Work request: The word "isoformat" marks the lines to keep; find each one in the data and copy it.

Data supplied:

────

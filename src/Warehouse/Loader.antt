-- ===== src/Warehouse/Loader.antt =====
-- src/pipeline/warehouse/loader.py: a landed partition into Snowflake. The names of the target
-- table and of the stage do not vary in a run, and are left out.
pub mod Reload
pub mod Returns
pub mod Stable
pub mod Kept
pub mod Retry
pub mod Failure
pub mod Guard
pub mod Audit
pub mod Upsert
pub mod Clean
mod Tests
use batch_api_snowflake.Base.{
  ℕ, String, ◌<>◌, Bool, true, false, ◌&&◌, ◌==◌, Option, none, some, List, [], ◌∷◌,
}
use batch_api_snowflake.Base.{any, is_empty, not, str_eq, keep, if◌then◌else◌}
use batch_api_snowflake.Errors.{Error, Result, ok, err}
use batch_api_snowflake.Exec.{Exec, pure, raise, try_except, ◌>>=◌, ◌>>◌}
use batch_api_snowflake.Values.{Datetime}
use batch_api_snowflake.Calendar.{Date, isoformat}
use batch_api_snowflake.Models.{contract_version}
use batch_api_snowflake.Disk.{file_name}
use batch_api_snowflake.Landing.{LandedBatch, dataset}
use batch_api_snowflake.Warehouse.Session.{
  AuditRow, World, put, run_merge, remove_staged, insert_audit, commit,
}
use batch_api_snowflake.Warehouse.Session.{rollback, select_audit}

pub record LoadResult : Type 0 where
  pub batch_id : String
  pub city_id : String
  pub observation_date : Date
  pub rows_inserted : ℕ
  pub rows_updated : ℕ
  pub status : String

-- `_stage_path`
unfoldable pub stage_path : String → Date → String
stage_path city_id day = "v1/" <> (isoformat day <> ("/" <> city_id))

-- The staged object of a batch: the PUT puts the local file below the stage path.
unfoldable pub stage_key : LandedBatch → String
unfolding stage_path
stage_key b = stage_path b.city_id b.observation_date <> ("/" <> file_name b.path)

-- `_merge_counts`, on the row that `fetchone` gives, if any: a missing or null number is 0.
count_at : Option (Option ℕ) → ℕ
count_at (some (some n)) = n
count_at _ = 0

unfoldable pub merge_counts : Option (List (Option ℕ)) → ℕ × ℕ
unfolding count_at
merge_counts none = (0, 0)
merge_counts (some []) = (0, 0)
merge_counts (some (a ∷ [])) = (count_at (some a), 0)
merge_counts (some (a ∷ b ∷ more)) = (count_at (some a), count_at (some b))

-- `t.replace(tzinfo=None)`
abbrev pub without_zone : Datetime → Datetime
without_zone t = record t { offset = none }

-- The row of `write_audit`.
abbrev pub audit_row :
    LandedBatch → String → ℕ → ℕ → ℕ → ℕ → String → Option Error → Datetime → Datetime → AuditRow
audit_row b run_id fetched rejected inserted updated status message started finished = record {
  run_id = run_id;
  dataset = dataset;
  contract_version = contract_version;
  city_id = b.city_id;
  observation_date = b.observation_date;
  batch_id = b.batch_id;
  source_payload_hash = b.payload_hash;
  rows_fetched = fetched;
  rows_accepted = b.row_count;
  rows_rejected = rejected;
  rows_inserted = inserted;
  rows_updated = updated;
  status = status;
  error_message = message;
  started_at_utc = without_zone started;
  finished_at_utc = without_zone finished;
}

-- `write_audit`
unfoldable pub write_audit : AuditRow → Exec World (Unit {0})
unfolding insert_audit commit
write_audit row = do insert_audit row; commit

-- The body of the `try` of `load_batch`.
unfoldable pub put_and_merge : LandedBatch → Exec World LoadResult
unfolding put run_merge remove_staged commit merge_counts stage_key
put_and_merge b = do
  put b.path (stage_key b)
  row ← run_merge (stage_key b)
  remove_staged (stage_key b)
  commit
  pure (record {
    batch_id = b.batch_id;
    city_id = b.city_id;
    observation_date = b.observation_date;
    rows_inserted = (merge_counts (some (some row.0 ∷ some row.1 ∷ []))).0;
    rows_updated = (merge_counts (some (some row.0 ∷ some row.1 ∷ []))).1;
    status = "loaded";
  })

-- The `except` of `load_batch`.
unfoldable pub load_failed :
    LandedBatch → String → ℕ → ℕ → Datetime → Datetime → Error → Exec World LoadResult
unfolding rollback write_audit
load_failed b run_id fetched rejected started finished e = do
  rollback
  write_audit (audit_row b run_id fetched rejected 0 0 "failed" (some e) started finished)
  raise e

-- `load_batch`
unfoldable pub load_batch :
    LandedBatch → String → ℕ → ℕ → Datetime → Datetime → Exec World LoadResult
unfolding put_and_merge load_failed
load_batch b run_id fetched rejected started finished = do
  result ← try_except (put_and_merge b) (load_failed b run_id fetched rejected started finished)
  write_audit (
      audit_row b run_id fetched rejected result.rows_inserted result.rows_updated result.status
        none started finished)
  pure result

-- The WHERE clause of `already_loaded`.
unfoldable pub is_load_of : String → Date → String → AuditRow → Bool
is_load_of city_id day hash row =
    str_eq row.city_id city_id
    && (row.observation_date == day)
    && str_eq row.source_payload_hash hash
    && str_eq row.status "loaded"

-- `already_loaded`
unfoldable pub already_loaded : String → Date → String → Exec World Bool
unfolding select_audit is_load_of
already_loaded city_id day hash = do
  rows ← select_audit
  pure (any (is_load_of city_id day hash) rows)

────

Your response:
use batch_api_snowflake.Calendar.{Date, isoformat}
stage_path city_id day = "v1/" <> (isoformat day <> ("/" <> city_id))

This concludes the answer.